Как ни странно, но новейшие принципы анализа и свободы в интерпретации и понимании России, русских характеров (на примере творчества Достоевского), зачастую отдают стереотипом «русской резервации», повторяют идею вечного возвращения к русским мифам, в том числе и в разговоре о русской идентичности. Россия давно изменилась, а штампы остались прежними. Слависты пишут о Достоевском так, как будто русская идентичность – это всем понятная и неизменная идея, нечто такое, что можно просто объяснить или пересказать, причем в каких-то одноплоскостных категориях и с отсылкой к классику масштаба Достоевского. За этим, как нам кажется, стоит плоская редукция целостного феномена или глубинных смыслов культуры к одному модусу, аффекту, поэтическому мифообразу, или идее-fix'e исследователя, отождествляющего себя с писателем (превращающим себя в него), писателя с нацией; «играющего» с его текстами в угоду собственного понимания.

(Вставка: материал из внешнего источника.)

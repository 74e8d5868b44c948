-- ===== src/Handlers/History.antt =====
-- main.go, `handleAction` and `runSync`: what the admin server's requests, and the runs of `sync` from
-- the command line beside it, make of the registry and of the audit log in the course of time, where
-- each is over before the next begins. The program does not see to that: net/http calls its handlers
-- concurrently, and the edits of the registry take no lock.
pub mod Kept
pub mod Logged
use home_stack.Prelude.{
  true, ap₂, Result, ◌≡◌, ◌⊎◌, inl, inr, refl, sym, ap, ◌∙◌, subst, subst₂, List, ◌∷◌, ◌++◌, Option,
  none, some, String, ok, Option-cases, Outcome-cases,
}
use home_stack.Registry.{Registry}
use home_stack.Http.{Request, Server}
use home_stack.Actions.{ActionRequest, RunError, validate_action_request}
use home_stack.Edits.{
  Disk, File, missing, unreadable, holds, System, check_loaded, LoadError, load_registry,
}
use home_stack.Edits.Atomic.{Loads}
use home_stack.Artifacts.{Bundle, Storage}
use home_stack.Deploy.{Host, DeployDiff}
use home_stack.Events.{AdminEvent, Journal, redacted, append_event}
use home_stack.Events.Growth.{
  recorded, IsExtended, IsExtended-refl, IsExtended-trans, IsExtended-line, append_event-IsExtended,
  append_event-last,
}
use home_stack.Execute.{
  State, ActionResult, active_registry, system, sync, perform, result_of, event_of, execute_action,
}
use home_stack.Execute.Audit.{ok_audited, audited_log}
use home_stack.Execute.Effects.{kept_profile}
use home_stack.Execute.Growth.{sync-IsGentle, perform-IsGentle}
use home_stack.Handlers.{actor_of, handle_request, handle_action}

-- What stands around the program at one moment: how the commands run, and what the disk, the libraries
-- and the environment do then. Each of them may fail at one moment and not at another.
pub record Setting (W : Type 0) : Type 0 where
  pub run : List String → W → (String × Option RunError) × W
  pub bundle_dir : String
  pub host : Host
  pub disk : Storage
  pub journal : Journal
  pub to_json : DeployDiff → String
  pub basic_auth : Request → Option (String × String)
  pub decode : Request → Option ActionRequest

-- `sys` is the YAML parser and the parent domain that hold throughout.
module _ {W : Type 0} (sys : System) where
  -- The parser and the parent domain are the same at every moment.
  abbrev pub IsSettled : Setting W → Type 0
  IsSettled x =
      (x.host.sys.unmarshal ≡ sys.unmarshal)
      × (x.host.getenv "HOME_STACK_PARENT_DOMAIN" ≡ sys.parent_domain)

  -- A request that reaches `handleAction` and is answered before anything else happens, a `sync`, or a
  -- change that others make to the world, to the bundle and to services.yaml.tmp in between.
  pub data Step : State W → State W → Type 0 where
    handled :
        (x : Setting W)
        → IsSettled x
        → (s : Server) (now : String) (r : Request) (st : State W)
        → Step st
            (handle_action x.run x.bundle_dir x.host x.disk x.journal x.to_json x.basic_auth
              x.decode s now r st).1
    synced :
        (x : Setting W)
        → IsSettled x
        → (st : State W) → Step st (sync x.run x.bundle_dir x.host x.disk x.journal x.to_json st).1
    passed :
        (w : W) (b : Bundle) (temp : File) (st : State W)
        → Step st (record st { world = w; bundle = b; profile = record st.profile { temp = temp } })

  pub data Reach (st : State W) : State W → Type 0 where
    here : Reach st st
    next : {t u : State W} → Reach st t → Step t u → Reach st u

Здесь очевидна зависимость рецепции от интерпретативных предпочтений воспринимающего, когда абсолютизируются определенные смысловые пласты произведения: прием двойничества, метод Достоевского, нравственная / безнравственная проблематика, христология или атеизм,
Приведем в качестве одного из примеров научного плюрализма монографию о Достоевском «Настигнутые стыдом», принадлежащую американской славистке, председателю Международного общества Достоевского Деборе Мартинсен 38 . Мы были вправе ожидать, что ученая, в соответствии с заветом Бахтина, позволит нам в «глазах другой культуры раскрывать себя полнее и глубже (но не во всей полноте, потому что придут и другие культуры, которые увидят и поймут еще больше)» 39 . Возможно, внимание не было бы столь пристальным, если бы речь здесь не шла о русской идентичности, позволяющей весьма наглядно взглянуть на «нас» «их» глазами. Книга вызывает двойственное ощущение: она как будто состоит из двух противоположных: концептуальной, весьма тенденциозной и односторонней, и литературоведческой, наглядно демонстрирующей глубочайшее авторское оригинальное понимание текстов, характеров и образов героев и исторических контекстов, неординарно преломленных в рассмотрении произведений Достоевского. Примером блестящего литературного анализа можно считать третью главу, в которой автор блестяще анализирует этимологию тюркского слова «кара», выявляет генетическую связь карамазовской и пушкинской России, исследует топонимику имен и русской истории и т.д. 40 Если филолого-аналитическая часть воспринимается как спектр искрометных находок и оригинальных трактовок, то первая – философско-методологическая – резкое неприятие и читательское недоумение: неужели это все всерьез: о Достоевском, идентичности и русских?
38
Мартинсен Д. Настигнутые стыдом. – М.: Издат. центр Российского гос. гуманитарного университета (РГГУ), 2011.
39
Бахтин М.М. Эстетика словесного творчества. – М., 1979. – С. 334–335.
40
Мартинсен Д. Указ. соч. – С. 79–80.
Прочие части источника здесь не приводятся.